═══ MATERIAL FOR THE TASK

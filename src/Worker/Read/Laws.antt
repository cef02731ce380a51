-- ===== src/Worker/Read/Laws.antt =====
-- What `readWorker` does with a message that defines a file, with a closed connection, and with a
-- message that is longer than its buffer.
use mathlib.Core.List.{Perm}
use grintorrent.Base.{
  ℕ, suc, ◌*◌, ◌^◌, ◌≤◌, ◌<◌, ◌≡◌, ◌≢◌, refl, false, ◌⊎◌, Option, some, List, ◌∷◌, ◌++◌, arith,
  length, drop, ok, fault, out_of_bounds,
}
use grintorrent.Base.Int.{pos}
use grintorrent.System.{Md5}
use grintorrent.Tfile.{TfileDef, zero_digest}
use grintorrent.Htable.{Htable, home, write_def, add_htable}
use grintorrent.Htable.Insert.{add_htable_inserts}
use grintorrent.Htable.Invariant as Table
use grintorrent.Message.{MessageInfo, info_size, encode_info}
use grintorrent.Message.Send.{Progresses}
use grintorrent.Message.Receive.{receive_message-Progresses}
use grintorrent.Message.Incoming.{
  receive_message_overruns, incoming_message_info_closed, incoming_message_info_lem,
}
use grintorrent.Peers.{Peers}
use grintorrent.Peers.Add.{fds, IsValid}
use grintorrent.Peers.Remove.{fd_at, remove_peer_lem}
use grintorrent.Share.{tfile_info}
use grintorrent.Share.Laws.{others, to_each}
use grintorrent.Share.Wire.{def_size, encode_def, IsDef, length-encode_def}
use grintorrent.Worker.Laws.{receive_tfile_def_forwards}
use grintorrent.Worker.Read.{
  ClientServer, message_size, Round, State, goes_on, ended, dispatch, read_round, read_rounds,
}

-- The connections are up in a round, and headers go and come whole.
pub record IsUp (r : Round) : Type 0 where
  pub peeks : r.peek 0 info_size ≡ pos info_size
  pub reads : Progresses r.read
  pub header : r.read 0 info_size ≡ pos info_size
  pub writes : (k : ℕ) → Progresses (r.write k)
  pub headers : (k : ℕ) → r.write k 0 info_size ≡ pos info_size

module _ (m : Md5) (fd_data : ClientServer) (r : Round) (up : IsUp r) where
  -- The round of a TFILE_DEF message, whatever `add_htable` returns
  pub read_round_forwards :
      (s : State) (padding rest : List ℕ) (t : TfileDef) (o : Option ℕ) (ht' : Htable)
      → length padding ≡ 7
      → IsDef t
      → add_htable r.calloc r.add_fuel s.ht t ≡ ok (o, ht')
      → IsValid s.peers
      → read_round m fd_data r
          (record s { stream = encode_info padding tfile_info ++ (encode_def t ++ rest) })
        ≡ ok (
            goes_on (record s {
              ht = ht';
              peers = record s.peers { locked = false };
              data_read = encode_def t ++ drop def_size s.data_read;
              stream = rest;
              sent =
                  s.sent
                  ++ to_each
                      (encode_info r.padding tfile_info ++ encode_def t)
                      (others fd_data.server_fd (fds s.peers));
            }))
  unfolding read_round dispatch
  read_round_forwards s padding rest t o ht' seven def added w =
      let long = length-encode_def t def in
      let peeked =
        incoming_message_info_lem r.peek padding (encode_def t ++ rest) tfile_info up.peeks seven
          (omega arith) in
      let got =
        receive_message-Progresses r.read r.discard_fuel message_size def_size padding
          (encode_def t) rest tfile_info up.reads up.header seven long (omega arith) (omega arith)
          (omega arith) in
      let handled =
        receive_tfile_def_forwards r.calloc r.add_fuel r.write r.padding s.ht ht' s.peers
          fd_data.server_fd t (drop def_size s.data_read) o added def w up.writes up.headers in
      rw (read_round, peeked, got, long, handled) refl

  -- While the connections are up and headers go and come whole, a round of readWorker that finds a
  -- TFILE_DEF message with a definition of which the fields have the sizes of the C types, and
  -- whose non-zero digest is not in the valid table with room and has an empty entry at or behind
  -- its home, puts the definition into that entry, sends it to every peer of the valid list but the
  -- one that it came from, and goes on behind the message.
  pub read_round_defines :
      (s : State) (padding rest : List ℕ) (f : ℕ) (t : TfileDef) (i : ℕ)
      → length padding ≡ 7
      → IsDef t
      → r.add_fuel ≡ suc f
      → Table.IsValid s.ht
      → s.ht.size * 2 ≤ s.ht.capacity
      → t.f_hash ≢ zero_digest
      → Table.Absent s.ht t.f_hash
      → Table.vacancy s.ht.table (home s.ht t.f_hash) ≡ some i
      → IsValid s.peers
      → read_round m fd_data r
          (record s { stream = encode_info padding tfile_info ++ (encode_def t ++ rest) })
        ≡ ok (
            goes_on (record s {
              ht = write_def s.ht i t;
              peers = record s.peers { locked = false };
              data_read = encode_def t ++ drop def_size s.data_read;
              stream = rest;
              sent =
                  s.sent
                  ++ to_each
                      (encode_info r.padding tfile_info ++ encode_def t)
                      (others fd_data.server_fd (fds s.peers));
            }))
  read_round_defines s padding rest f t i seven def fuel v room nz absent free w =
      read_round_forwards s padding rest t (some i) (write_def s.ht i t) seven def
        (rw fuel (add_htable_inserts r.calloc f t i v room nz absent free).0) w

  -- While the connection is up and the header comes in whole, a message of more than 100000 and
  -- fewer than 2^64 bytes, of any type, makes readWorker write outside of its buffer.
  pub read_round_overruns :
      (s : State) (padding bytes : List ℕ) (info : MessageInfo)
      → length padding ≡ 7
      → info.size < 2 ^ 64
      → info.size ≤ length bytes
      → message_size < info.size
      → read_round m fd_data r (record s { stream = encode_info padding info ++ bytes })
        ≡ fault out_of_bounds
  unfolding read_round
  read_round_overruns s padding bytes info seven small whole long =
      let peeked = incoming_message_info_lem r.peek padding bytes info up.peeks seven small in
      let over =
        receive_message_overruns r.read r.discard_fuel message_size padding bytes info up.reads
          up.header seven small whole long in
      rw (read_round, peeked, over) refl

module _ (m : Md5) (fd_data : ClientServer) where
  -- When no whole header can be peeked at, readWorker ends, with the table, the buffer and what was
  -- sent as they were, and the valid list of peers is valid and either has one socket less that is
  -- the thread's client, or there was none and its sockets are as they were.
  pub read_rounds-closed :
      (r : Round) (rs : List Round) (s : State)
      → r.peek 0 info_size ≢ pos info_size
      → IsValid s.peers
      → (left : Peers) × (read_rounds m fd_data (r ∷ rs) s ≡ ok (ended (record s { peers = left })))
        × IsValid left
        × (((fds left ≡ fds s.peers)
              × ¬ ((j : ℕ) × (j < s.peers.size) × (fd_at s.peers j ≡ fd_data.client_fd)))
            ⊎ Perm (fds s.peers) (fd_data.client_fd ∷ fds left))
  unfolding read_rounds read_round
  read_rounds-closed r rs s closed v =
      let (left, run, valid, out) = remove_peer_lem fd_data.client_fd s.peers v in
      (
        left,
        rw (read_round, incoming_message_info_closed r.peek s.stream closed, run) refl,
        valid,
        out,
      )
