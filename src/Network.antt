-- ===== src/Network.antt =====
-- Several nodes of the program: what one end of a connection sends, `readWorker` of src/client.c reads
-- at the other end. In place of a descriptor a connection has, at each end, the number of the node at
-- the other end.
pub mod Members
pub mod Deliveries
pub mod Spread
pub mod Announce
pub mod Outcomes
pub mod Joins
pub mod Floods
pub mod Trees
use grintorrent.Base.{
  ℕ, ◌+◌, ◌≡◌, List, [], ◌∷◌, ◌++◌, if◌then◌else◌, ◌==◌, length, Run, ok, ◌>>=◌, suc,
}
use grintorrent.Base.Int.{pos, pos_part}
use grintorrent.System.{Md5}
use grintorrent.Htable.{Htable}
use grintorrent.Peers.{Peers}
use grintorrent.Share.{Sent}
use grintorrent.Worker.Read.{ClientServer, Round, State, Outcome, goes_on, ended, read_round}
use grintorrent.Worker.Read.Laws.{IsUp}

-- What the threads of a node share.
pub record Member : Type 0 where
  pub ht : Htable
  pub peers : Peers

-- A message under way
pub record Packet : Type 0 where
  pub source : ℕ
  pub target : ℕ
  pub bytes : List ℕ

pub record Network : Type 0 where
  pub members : ℕ → Member
  pub flight : List Packet

abbrev pub packets : ℕ → Sent → List Packet
packets n [] = []
packets n ((fd, bytes) ∷ sent) =
    record { source = n; target = pos_part fd; bytes = bytes } ∷ packets n sent

unfoldable pub update : ℕ → Member → (ℕ → Member) → ℕ → Member
update n member members k = if k == n then member else members k

abbrev pub left_by : Outcome → State
left_by (goes_on s) = s
left_by (ended s) = s

-- The node at which a packet ends reads it, over whatever stands in the buffer; `rest` are the other
-- packets.
pub deliver :
    Md5 → Round → (buffer : List ℕ) → (rest : List Packet) → Packet → Network → Run Network
deliver m r buffer rest p net =
    let at = net.members p.target in
    do
      outcome ←
          read_round m (record { server_fd = pos p.source; client_fd = pos p.source }) r
            (record {
              ht = at.ht;
              peers = at.peers;
              data_read = buffer;
              stream = p.bytes;
              sent = [];
            })
      let s = left_by outcome
      ok (record {
        members = update p.target (record { ht = s.ht; peers = s.peers }) net.members;
        flight = rest ++ packets p.target s.sent;
      })

-- A round in which the system does what it should: seven bytes of padding, the connections up, and
-- `add_htable` may run.
pub record Works (r : Round) : Type 0 where
  pub up : IsUp r
  pub seven : length r.padding ≡ 7
  pub fuel : ℕ
  pub runs : r.add_fuel ≡ suc fuel

-- Any packet may be read next.
pub data Step (m : Md5) (net : Network) (net' : Network) : Type 0 where
  reads :
      (r : Round) (buffer : List ℕ) (before after : List Packet) (p : Packet)
      → Works r
      → net.flight ≡ before ++ (p ∷ after)
      → deliver m r buffer (before ++ after) p net ≡ ok net'
      → Step m net net'

-- So many packets are read, one after the other.
pub data Steps (m : Md5) (net : Network) : ℕ → Network → Type 0 where
  none_yet : Steps m net 0 net
  one_more :
      {n : ℕ} {net' net'' : Network}
      → Steps m net n net'
      → Step m net' net''
      → Steps m net (suc n) net''
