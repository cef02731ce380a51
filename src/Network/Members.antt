-- ===== src/Network/Members.antt =====
-- Nodes that have a definition, and nodes that can take it.
use grintorrent.Base.{
  ℕ, suc, ◌+◌, ◌*◌, ◌≤◌, ◌≡◌, ◌≢◌, sym, ap, subst, ◌∙◌, ◌⊎◌, inl, inr, Bool, Option, none, some,
  List, map, arith, ok,
}
use grintorrent.Base.Int.{pos}
use grintorrent.Tfile.{TfileDef, zero_digest}
use grintorrent.Htable.{Htable, home, write_def, add_htable}
use grintorrent.Htable.Probe.{key}
use grintorrent.Htable.Invariant.{IsValid, Absent, vacancy, IsVacancy, vacancy_lem}
use grintorrent.Htable.Insert.{
  add_htable_inserts, add_htable-key, key-write_def_self, key-write_def_ne, vacancy-lt,
  write_def-IsValid,
}
use grintorrent.Peers.Add as Add
use grintorrent.Network.{Member}

module _ (t : TfileDef) where
  -- The definition is in the table.
  pub record Has (ht : Htable) : Type 0 where
    pub valid : IsValid ht
    pub room : ht.size * 2 ≤ ht.capacity
    pub slot : ℕ
    pub found : key ht slot ≡ t.f_hash

  -- The table has room for the definition, which is not there.
  pub record Lacks (ht : Htable) : Type 0 where
    pub valid : IsValid ht
    pub room : (ht.size + 1) * 2 ≤ ht.capacity
    pub absent : Absent ht t.f_hash
    pub slot : ℕ
    pub free : vacancy ht.table (home ht t.f_hash) ≡ some slot

  -- A node with a valid list of peers, which are its neighbours, that has the definition or can take it.
  pub record IsReady (neighbours : List ℕ) (member : Member) : Type 0 where
    pub table : Has member.ht ⊎ Lacks member.ht
    pub peers : Add.IsValid member.peers
    pub joined : Add.fds member.peers ≡ map pos neighbours

  room_after :
      (ht : Htable) (i : ℕ)
      → IsValid ht
      → (ht.size + 1) * 2 ≤ ht.capacity
      → (write_def ht i t).size * 2 ≤ (write_def ht i t).capacity
  unfolding write_def
  room_after ht i v room = omega (arith, v.small, room)

  pub Has-Lacks :
      (ht : Htable) (l : Lacks ht) → t.f_hash ≢ zero_digest → Has (write_def ht l.slot t)
  Has-Lacks ht l nz = record {
    valid = write_def-IsValid l.valid t nz l.absent l.slot l.free;
    room = room_after ht l.slot l.valid l.room;
    slot = l.slot;
    found = key-write_def_self ht l.slot t (vacancy-lt ht.table (home ht t.f_hash) l.slot l.free);
  }

  -- `add_htable` returns, and the definition is there then.
  pub add_htable-Has :
      (calloc : ℕ → Bool) (f : ℕ) (ht : Htable)
      → t.f_hash ≢ zero_digest
      → Has ht ⊎ Lacks ht
      → (o : Option ℕ) × (ht' : Htable) × (add_htable calloc (suc f) ht t ≡ ok (o, ht')) × Has ht'
  add_htable-Has calloc f ht nz (inl h) =
      (none, ht, add_htable-key calloc f t h.slot h.valid h.room nz h.found, h)
  add_htable-Has calloc f ht nz (inr l) = (
    some l.slot,
    write_def ht l.slot t,
    (add_htable_inserts calloc f t l.slot l.valid (omega (arith, l.room)) nz l.absent l.free).0,
    Has-Lacks ht l nz,
  )

-- Another definition that is taken in leaves it where it is.
pub Has-write_def :
    (t u : TfileDef) (ht : Htable) (l : Lacks t ht)
    → t.f_hash ≢ zero_digest
    → u.f_hash ≢ zero_digest
    → Has u ht
    → Has u (write_def ht l.slot t)
Has-write_def t u ht l nz nz' h =
    let taken = Has-Lacks t ht l nz in
    let (lo, hi, empty, all) =
      subst (IsVacancy ht.table (home ht t.f_hash)) l.free
        (vacancy_lem ht.table (home ht t.f_hash)) in
    record {
      valid = taken.valid;
      room = taken.room;
      slot = h.slot;
      found =
          key-write_def_ne ht l.slot t h.slot
            (λ e. nz' (sym h.found ∙ ap (λ (k : ℕ). key ht k) (sym e) ∙ empty))
          ∙ h.found;
    }
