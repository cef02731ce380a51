-- ===== src/Network/Deliveries.antt =====
-- What the delivery of a packet that carries one definition does to the network.
use mathlib.Core.List.{Memᴰ, append-nil}
use mathlib.Core.List.Memᴰ
use grintorrent.Base.{
  ℕ, ℕ_discrete, ==_iff, ==-eq-false, ◌≡◌, ◌≢◌, refl, sym, ◌∙◌, ap, ap₂, false, Bool-cases, inl,
  inr, List, [], ◌∷◌, ◌++◌, map, arith, length, subst, ok, Run, fault, out_of_fuel, ◌==◌,
  if◌then◌else◌,
}
use grintorrent.Base.Int.{pos, eqb_ℤ}
use grintorrent.System.{Md5}
use grintorrent.Tfile.{TfileDef, zero_digest}
use grintorrent.Htable.{Htable}
use grintorrent.Message.{encode_info}
use grintorrent.Share.{tfile_info}
use grintorrent.Share.Laws.{others, to_each}
use grintorrent.Share.Wire.{encode_def, IsDef}
use grintorrent.Worker.Read.{Round}
use grintorrent.Worker.Read.Laws.{read_round_forwards}
use grintorrent.Network.{Member, Packet, Network, packets, update, deliver, Works, Step, reads}
use grintorrent.Network.Members.{Has, IsReady, add_htable-Has}

-- The neighbours without the one that is the source.
unfoldable pub skip : ℕ → List ℕ → List ℕ
skip f [] = []
skip f (k ∷ ks) = if k == f then skip f ks else k ∷ skip f ks

-- The same bytes to each of them.
unfoldable pub broadcast : ℕ → List ℕ → List ℕ → List Packet
broadcast n bytes [] = []
broadcast n bytes (k ∷ ks) = record { source = n; target = k; bytes = bytes } ∷ broadcast n bytes ks

eqb_ℤ-pos : (k f : ℕ) → eqb_ℤ (pos k) (pos f) ≡ (k == f)
eqb_ℤ-pos k f = ap₂ (λ (a b : ℕ). a == b) (omega arith) (omega arith)

packets-broadcast :
    (n f : ℕ) (bytes ks : List ℕ)
    → packets n (to_each bytes (others (pos f) (map pos ks))) ≡ broadcast n bytes (skip f ks)
unfolding to_each others broadcast skip
packets-broadcast n f bytes [] = refl
packets-broadcast n f bytes (k ∷ ks) = elim (Bool-cases (k == f)) [
  | inl own ↦ rw (eqb_ℤ-pos k f, own) (packets-broadcast n f bytes ks)
  | inr other ↦
      rw (eqb_ℤ-pos k f, other)
        (ap (◌∷◌ (record { source = n; target = k; bytes = bytes }))
          (packets-broadcast n f bytes ks))
]

ok_injective : {a b : Network} → let r : Run Network = ok a in r ≡ ok b → a ≡ b
ok_injective {a} = ap (λ (r : Run Network). elim r [ ok n ↦ n | fault f ↦ a | out_of_fuel ↦ a ])

module _ (target : ℕ) (member : Member) (members : ℕ → Member) where
  pub update_self : update target member members target ≡ member
  unfolding update
  update_self = rw ((==_iff target target).1 refl) refl

  pub update_ne : (n : ℕ) → n ≢ target → update target member members n ≡ members n
  unfolding update
  update_ne n ne = rw (==-eq-false n target ne) refl

pub mem-without :
    (before after : List Packet) (p q : Packet)
    → Memᴰ q (before ++ after)
    → Memᴰ q (before ++ p ∷ after)
mem-without before after p q mem = elim (Memᴰ.append_cases before mem) [
  | inl b ↦ Memᴰ.append_left (p ∷ after) b
  | inr a ↦ Memᴰ.append_right before (Memᴰ.tail a)
]

pub broadcast-source :
    (n : ℕ) (bytes ks : List ℕ) (p : Packet)
    → Memᴰ p (broadcast n bytes ks)
    → (p.source ≡ n) × (p.bytes ≡ bytes)
unfolding broadcast
broadcast-source n bytes [] p mem = absurd (Memᴰ.not-nil mem)
broadcast-source n bytes (k ∷ ks) p (Memᴰ.head e) =
    (ap (λ (q : Packet). q.source) e, ap (λ (q : Packet). q.bytes) e)
broadcast-source n bytes (k ∷ ks) p (Memᴰ.tail mem) = broadcast-source n bytes ks p mem

module _ (t : TfileDef) where
  -- The packet is a TFILE_DEF message with the definition.
  pub record Carries (p : Packet) : Type 0 where
    pub padding : List ℕ
    pub seven : length padding ≡ 7
    pub sent : p.bytes ≡ encode_info padding tfile_info ++ encode_def t

  module _ (neighbours : ℕ → List ℕ) where
    -- Every node is ready, and every packet carries the definition.
    pub record IsFlood (net : Network) : Type 0 where
      pub ready : (n : ℕ) → IsReady t (neighbours n) (net.members n)
      pub carried : (p : Packet) → Memᴰ p net.flight → Carries p

    -- How the network is after a packet: its target has the definition and has sent it to the
    -- neighbours that the packet did not come from.
    pub record Effect (net net' : Network) : Type 0 where
      pub before : List Packet
      pub after : List Packet
      pub packet : Packet
      pub was : net.flight ≡ before ++ packet ∷ after
      pub bytes : List ℕ
      pub now :
          net'.flight
          ≡ (before ++ after)
            ++ broadcast packet.target bytes (skip packet.source (neighbours packet.target))
      pub has : Has t (net'.members packet.target).ht
      pub kept : (n : ℕ) → n ≢ packet.target → net'.members n ≡ net.members n
      pub flood : IsFlood net'

    -- The network after a packet
    abbrev delivered : List Packet → List Packet → Packet → Network → Htable → List ℕ → Network
    delivered before after p net ht padding = record {
      members =
          update p.target
            (record { ht = ht; peers = record (net.members p.target).peers { locked = false } })
            net.members;
      flight =
          (before ++ after)
          ++ broadcast p.target (encode_info padding tfile_info ++ encode_def t)
              (skip p.source (neighbours p.target));
    }

    IsFlood-after :
        (before after : List Packet) (p : Packet) (net : Network) (ht : Htable) (padding : List ℕ)
        → length padding ≡ 7
        → IsFlood net
        → net.flight ≡ before ++ p ∷ after
        → Has t ht
        → IsFlood (delivered before after p net ht padding)
    IsFlood-after before after p net ht padding seven flood was has =
        let here = flood.ready p.target in
        let member : Member = record {
          ht = ht;
          peers = record (net.members p.target).peers { locked = false };
        } in
        record {
          ready = λ n. elim (ℕ_discrete n p.target) [
            | yes e ↦
                rw (e, update_self p.target member net.members)
                  (record {
                    table = inl has;
                    peers = record {
                      free = refl;
                      positive = here.peers.positive;
                      allocated = here.peers.allocated;
                      used = here.peers.used;
                    };
                    joined = here.joined;
                  })
            | no ne ↦ rw (update_ne p.target member net.members n ne) (flood.ready n)
          ];
          carried = λ q mem. elim (Memᴰ.append_cases (before ++ after) mem) [
            | inl old ↦ flood.carried q (rw was (mem-without before after p q old))
            | inr new ↦ record {
              padding = padding;
              seven = seven;
              sent = (broadcast-source p.target _ (skip p.source (neighbours p.target)) q new).1;
            }
          ];
        }

    module _ (m : Md5) (nz : t.f_hash ≢ zero_digest) (def : IsDef t) where
      -- A packet that is read is taken in and passed on.
      pub deliver_lem :
          (r : Round) (buffer : List ℕ) (before after : List Packet) (p : Packet) (net : Network)
          → Works r
          → IsFlood net
          → net.flight ≡ before ++ p ∷ after
          → (net' : Network) × (deliver m r buffer (before ++ after) p net ≡ ok net')
            × Effect net net'
      unfolding deliver
      deliver_lem r buffer before after p net works flood was =
          let at = net.members p.target in
          let here = flood.ready p.target in
          let carries = flood.carried p (rw was (Memᴰ.append_right before (Memᴰ.head refl))) in
          let (o, ht', added, has) = add_htable-Has t r.calloc works.fuel at.ht nz here.table in
          let message = encode_info r.padding tfile_info ++ encode_def t in
          let member : Member = record { ht = ht'; peers = record at.peers { locked = false } } in
          let round =
            read_round_forwards m (record { server_fd = pos p.source; client_fd = pos p.source }) r
              works.up
              (record { ht = at.ht; peers = at.peers; data_read = buffer; stream = []; sent = [] })
              carries.padding [] t o ht' carries.seven def (rw works.runs added) here.peers in
          (
            delivered before after p net ht' r.padding,
            rw
                (
                  carries.sent
                      ∙ ap (λ (b : List ℕ). encode_info carries.padding tfile_info ++ b)
                          (sym (append-nil (encode_def t))),
                  round,
                  here.joined,
                  packets-broadcast p.target p.source message (neighbours p.target),
                )
                refl,
            record {
              before = before;
              after = after;
              packet = p;
              was = was;
              bytes = message;
              now = refl;
              has = rw (update_self p.target member net.members) has;
              kept = update_ne p.target member net.members;
              flood = IsFlood-after before after p net ht' r.padding works.seven flood was has;
            },
          )

      -- So does every step.
      pub Step-Effect : {net net' : Network} → IsFlood net → Step m net net' → Effect net net'
      Step-Effect {net} {net'} flood (reads r buffer before after p works was run) =
          let (net'', run', effect) = deliver_lem r buffer before after p net works flood was in
          subst (λ (n : Network). Effect net n) (ok_injective (sym run' ∙ run)) effect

══════

_DESCRIPTION OF THE TASK_
Looking at the data above, return every line from the one with "module _ (m : Md5) (fd_data : ClientServer) where" down to the one with "j ≡ fd_data.client_fd)))", exactly and inclusively.

_RESPONSE TO THIS EXERCISE_
module _ (m : Md5) (fd_data : ClientServer) where
  -- When no whole header can be peeked at, readWorker ends, with the table, the buffer and what was
  -- sent as they were, and the valid list of peers is valid and either has one socket less that is
  -- the thread's client, or there was none and its sockets are as they were.
  pub read_rounds-closed :
      (r : Round) (rs : List Round) (s : State)
      → r.peek 0 info_size ≢ pos info_size
      → IsValid s.peers
      → (left : Peers) × (read_rounds m fd_data (r ∷ rs) s ≡ ok (ended (record s { peers = left })))
        × IsValid left
        × (((fds left ≡ fds s.peers)
              × ¬ ((j : ℕ) × (j < s.peers.size) × (fd_at s.peers j ≡ fd_data.client_fd)))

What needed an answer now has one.